Hi everyone, you guy have a nice place here..I'm a moderator at another site and heard you guys had been talking hempy over here. So I thought I would share one of my creations.
Here is one that I got from Crossing Nirvana's Big Bud male with a Nirvana Bubblicious Female. 
I call her Big Bubblicious. The plant packs on alot of weight and rock hard buds like the Big Bud parent, but has a smoother smoke and sweeter smell like the Bubblicious mom.... This one has about three weeks to go, and is planted in 100% perlite.


----------



## ghengiskhan (Jun 24, 2008)

Oh man that looks great, did you fim or top it? What nutrients/supplements?


----------



## tom__420 (Jun 24, 2008)

My god mg, that is one beautiful plant! Can i have some specifics on the grow?

Tom


----------



## stamdima (Jun 25, 2008)

Damn .. this grow is illegal .. dont post nasty plants like this 1 .. 
Good Grow ! lol


----------



## mgjeans (Jun 25, 2008)

Here is some more info for you guys.
She was not topped, just tied her over.
As far a Nutes....
Nutrients I use-- Botanicare
For vegg I use Pure Blend Pro Grow, and Cal Mag, and Sweet. 
For Flower I use Botanicare Pure Blend Pro Bloom,
Sweet, and Cal Mag.

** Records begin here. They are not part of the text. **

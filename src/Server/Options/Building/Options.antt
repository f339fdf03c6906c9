-- ===== src/Server/Options/Building/Options.antt =====
-- A server is made with the wanted options and no others.
use triple.Server.Options.{new_grpc_server_with_codec, creds_options, codec_options, inner_codec}
use triple.Server.Options.Wanted.{
  server_codec, wanted_options, creds_of, codec_of, IsWanted, wanted_options-Has,
  wanted_options-All,
}
use triple.Base.{
  M, concat, ◌>>◌, get_elem?-append_last, length, returned, get_elem?, String, modify, ◌>>=◌, pure,
  Has, Bool-cases, All, ◌==◌, none, some, inl, inr, ◌≡◌, List, ◌∷◌, refl,
}
use triple.Security.{Creds, get_server_tls_certificate, TlsFiles}
use triple.Common.Codec.{get_triple_codec, Registry, EncodingLib}
use triple.Common.Config.{TripleOption}
use triple.Server.Environment.{Host, new_server, ServerOption}
use triple.Client.Calls.{client_codec}
use triple.Common.Error.{Result, failure, success}
use triple.Common.Constant.{msg_pack_codec_name, hessian_codec_name, pb_codec_name}
use triple.Common.Logger.{errorf, LogEntry, CanLog}
use triple.Server.Options.Building.{fresh_server, log-returns}

module _ {Codec : Type 0} (files : TlsFiles) (lib : EncodingLib Codec) (registry : Registry Codec)
    (opt : TripleOption) where
  creds_options-made :
      (c : Creds) (h : Host Codec)
      → CanLog opt.logger
      → (entries : List LogEntry) × (creds_options files lib registry opt c h
          ≡ (record h { logs = entries }, returned (creds_of files lib registry opt c)))
  unfolding creds_options creds_of pure ◌>>=◌
  creds_options-made (c, some err) h can =
      let (entries, e) =
        log-returns files lib registry opt errorf "TripleClient.Start: TLS config err: %v" h can in
      (entries, rw e refl)
  creds_options-made (some c, none) h can = (h.logs, refl)
  creds_options-made (none, none) h can = (h.logs, refl)

  inner_codec-made :
      (h : Host Codec)
      → (printed : List String) × (inner_codec files lib registry opt.codec_type h
          ≡ (record h { stdout = printed }, returned (server_codec files lib registry opt)))
  unfolding inner_codec client_codec pure modify ◌>>=◌
  inner_codec-made h = elim (Bool-cases (opt.codec_type == hessian_codec_name)) [
    | inl e ↦ (h.stdout, rw (e, server_codec, client_codec) refl)
    | inr e ↦ elim (Bool-cases (opt.codec_type == msg_pack_codec_name)) [
      | inl e' ↦ (h.stdout, rw (e, e', server_codec, client_codec) refl)
      | inr e' ↦
          rw (e, e', server_codec, client_codec) (found (get_triple_codec registry opt.codec_type))
    ]
  ]
    where
      found :
          (r : Result Codec)
          → (printed : List String) × (elim r as (λ r. M (Host Codec) Codec) [
            | success c ↦ pure c
            | failure err ↦ (do
              modify (λ h. record h {
                stdout =
                    concat "TripleServer.Start: serialization "
                      (concat opt.codec_type " not supported")
                    ∷ h.stdout;
              })
              pure lib.nil_codec)
          ])
                h
              ≡ (
                record h { stdout = printed },
                returned (elim r [ success c ↦ c | failure err ↦ lib.nil_codec ]),
              )
      found (success c) = (h.stdout, refl)
      found (failure err) = (_, refl)

  codec_options-made :
      (h : Host Codec)
      → (printed : List String) × (codec_options files lib registry opt.codec_type h
          ≡ (record h { stdout = printed }, returned (codec_of files lib registry opt)))
  unfolding codec_options codec_of pure ◌>>=◌
  codec_options-made h = elim (Bool-cases (opt.codec_type == pb_codec_name)) [
    | inl e ↦ (h.stdout, rw e refl)
    | inr e ↦ (let (printed, s) = inner_codec-made h in (printed, rw (e, s) refl))
  ]

  -- A server that is made of an option whose logger can log has exactly the options that follow. Both
  -- interceptors of the direct tracer are there if the option has a Jaeger address; the receive limit, if
  -- the server's is not zero; the send limit, if the one for calls is not zero; the proxy mode, if it is
  -- on; credentials, if the TLS configuration gave no error, and these are the insecure ones if it gave
  -- none; and a codec, if the option's is not protobuf, round the one that the codec type names, or
  -- round the nil codec where that is not known.
  pub new_grpc_server_with_codec_lem :
      (h : Host Codec)
      → CanLog opt.logger
      → (os : List (ServerOption Codec)) × (get_elem?
            (new_grpc_server_with_codec files lib registry opt h).0.servers
            (length h.servers)
          ≡ some (fresh_server files lib registry opt os))
        × ((o : ServerOption Codec) → IsWanted files lib registry opt o → Has o os)
        × All (IsWanted files lib registry opt) os
  unfolding new_grpc_server_with_codec new_server ◌>>=◌
  new_grpc_server_with_codec_lem h can =
      let (entries, e) = creds_options-made (get_server_tls_certificate files opt) h can in
      let (printed, e') = codec_options-made (record h { logs = entries }) in
      (
        wanted_options files lib registry opt,
        rw (e, e') (unfold wanted_options in get_elem?-append_last h.servers _),
        wanted_options-Has files lib registry opt,
        wanted_options-All files lib registry opt,
      )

The Cal Mag I will stop using 3 weeks before harvest.
I'm growing her and 5 others under a 600 watt Galaxy switchable ballast.
I also have two, 125 watt high output fluorescents in the room with the plants for additional blue spectrum for leaf growth..


----------



## mgjeans (Jun 28, 2008)

Here is a close up of one of the buds, she still has two more weeks to go.


----------



## ElementSpark (Sep 25, 2008)

Very nice!
I am currently came across some Bubblicious clones. The amount of crystals compared to my other Northern lights strain is ridiculously more.


----------



## HiGHLiFE28 (Sep 25, 2008)

yeah just wait for those hairs to turn amber brotha!


----------



## fitzyno1 (Sep 25, 2008)

I think they are well cured by now and smoked LOL


----------



## bleubeard (Sep 25, 2008)

great seeing hempys. looks like the same buckets i found at wallymart. whats your feeding schedule with the all perlite?


----------



## HiGHLiFE28 (Sep 26, 2008)

haha o yeah his original post date, yeah probably smoked all of it already I know I would have


----------



## williewill420 (Jan 19, 2010)

Is this the bubblicious from nirvana seeds? I have some in veg right now


----------